Они подошли к ее дому и стали подниматься рука об руку по лестнице, возвысившись с помощью плохого шампанского, которое пили в баре, до уровня ниспровержения, но и немного испуганные, углубленные в себя, заранее потрясенные предстоящим первым соединением после столь долгого перерыва. Особенно испуганным выглядел Аффад. В квартире было идеально чисто; поработав на славу, уборщица, уходя, задернула шторы, так что они вошли в полутемную комнату. И застыли на месте едва дыша, со страхом глядя друг на друга и в то же время уже ничего не скрывая.

- Себастьян! - шепнула Констанс, скорее сама себе, чем ему, но он услышал, взял ее за руки и ласковым движением подтолкнул через порог к знакомой заветной кровати, отраженной с трех сторон в высоких зеркалах, и кожа у них светилась в приглушенных лучах солнца, проникавших в окно.

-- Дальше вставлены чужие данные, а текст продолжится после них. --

-- ===== src/Examples/Apart.antt =====
-- tell_apart and hddl of eval/lift.py at concrete cases.
use htn_llm_rtl_gen.Lift.Apart.{
  LearnedCase, tell_apart, absent_texts, hddl, literal_of, absent_arguments, other_arguments,
  subtask_lines, absent_literal, typed_names, tell_pairs, permutations, pairs_from, pairs_with,
  at_place, tell_pair, marks_between, held_by_every, tell_marks, kinds_of, kinds_from, places_of,
  held_by_some, kind_lt, noted, put_at, untold,
}
use htn_llm_rtl_gen.Lift.Apart.Marks.{Lacked, Tells}
use htn_llm_rtl_gen.Lift.Apart.Distinguished.{tell_apart-Tells}
use htn_llm_rtl_gen.Shared.{
  ℕ, ◌≡◌, refl, ◌≢◌, ◌⊎◌, [], ◌∷◌, arith, lookup, range_of, filter, any, all, All, precedes,
  text_lt, place_in, sorted, distinct, nat_eq, list_beq, list_eq, pair_eq, contains, codes, join,
  show_nat, cannot_lift, ok, err,
}
use htn_llm_rtl_gen.Learning.Answers.{show_step}

abbrev wraps : LearnedCase
wraps = record {
  name = codes "m_implement_counter_1";
  examples =
      record {
        facts =
            (codes "first_port" ∷ codes "c" ∷ codes "clk" ∷ [])
            ∷ (codes "wraps" ∷ codes "c" ∷ codes "n11" ∷ [])
            ∷ [];
        module_name = codes "c";
      }
      ∷ [];
}

abbrev plain : LearnedCase
plain = record {
  name = codes "m_implement_counter_2";
  examples =
      record {
        facts = (codes "first_port" ∷ codes "d" ∷ codes "clk" ∷ []) ∷ [];
        module_name = codes "d";
      }
      ∷ record {
        facts =
            (codes "first_port" ∷ codes "e" ∷ codes "clk" ∷ [])
            ∷ (codes "note" ∷ codes "e" ∷ [])
            ∷ [];
        module_name = codes "e";
      }
      ∷ [];
}

told_absences : tell_apart (wraps ∷ plain ∷ []) ≡ ok ([] ∷ ((codes "wraps", 0) ∷ []) ∷ [])
unfolding tell_apart tell_pairs permutations pairs_from pairs_with at_place tell_pair marks_between
    held_by_every tell_marks kinds_of kinds_from places_of held_by_some kind_lt noted put_at untold
    range_of sorted distinct filter all any place_in precedes text_lt contains list_beq codes
told_absences = refl

same_kinds :
    tell_apart (plain ∷ plain ∷ [])
    ≡ err (cannot_lift (codes "m_implement_counter_2 and m_implement_counter_2"))
unfolding tell_apart tell_pairs permutations pairs_from pairs_with at_place tell_pair marks_between
    held_by_every tell_marks kinds_of kinds_from places_of held_by_some kind_lt noted put_at untold
    range_of sorted distinct filter all any place_in precedes text_lt contains list_beq codes
same_kinds = refl

absence :
    absent_texts
      ((codes "wraps", codes "module" ∷ codes "value" ∷ []) ∷ [])
      ((codes "wraps", 0) ∷ [])
    ≡ ok (codes "(not (exists (?x1 - value) (wraps ?m ?x1)))" ∷ [])
unfolding absent_texts absent_literal lookup list_beq codes literal_of other_arguments
    absent_arguments join typed_names show_nat
absence = refl

method_text :
    hddl (record {
      name = codes "m";
      types = (codes "?m", codes "module") ∷ (codes "?v1", codes "value") ∷ [];
      conditions =
          (codes "counter", codes "?m" ∷ []) ∷ (codes "wraps", codes "?m" ∷ codes "?v1" ∷ []) ∷ [];
      absent_text = codes "(not (reset ?m))" ∷ [];
      subtasks =
          (codes "analyze_wrap", codes "?m" ∷ codes "?v1" ∷ [])
          ∷ (codes "write_end", codes "?m" ∷ [])
          ∷ [];
    })
    ≡ join (b'\n' ∷ []) (
        codes "(:method m"
        ∷ codes "    :parameters (?m - module ?v1 - value)"
        ∷ codes "    :task (implement_module ?m)"
        ∷ codes "    :precondition (and (counter ?m) (wraps ?m ?v1) (not (reset ?m)))"
        ∷ codes "    :ordered-subtasks (and"
        ∷ codes "      (t1 (analyze_wrap ?m ?v1))"
        ∷ codes "      (t2 (write_end ?m))"
        ∷ codes "    )"
        ∷ codes "  )"
        ∷ [])
unfolding join hddl codes subtask_lines typed_names show_step show_nat
method_text = refl

two_places : ◌≢◌ {A = ℕ} 0 1
two_places e = omega (arith, e)

tell_apart-Tells_example :
    (Tells wraps plain ((codes "wraps", 0) ∷ []) ⊎ Tells plain wraps [])
    × All (Lacked plain.examples) ((codes "wraps", 0) ∷ [])
tell_apart-Tells_example =
    tell_apart-Tells (wraps ∷ plain ∷ []) 0 1 wraps plain [] ((codes "wraps", 0) ∷ []) told_absences
      two_places refl refl refl refl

Влюбленные, думала она, принадлежат к исчезающему виду и нуждаются в защите; возможно, им место в заповедниках, где обитают забытые, пережившие свое время виды и где запрещена охота? Но разве может быть счастье, равное этому? Это же блаженство, когда тебя целует твой мужчина, когда вы соединяетесь с ним в любви! Тут нет места расточительству, надо быть бережливой - в опасной игре, действительно опасной, потому что один из партнеров может измениться, еще не успев выйти из нее. Множество людей, возможно большинство, приближаются к концу жизни, ограниченной критерием полезности, и обнаруживают, что двери счастья заперты, недоступны для них, но не по их вине - им просто не повезло.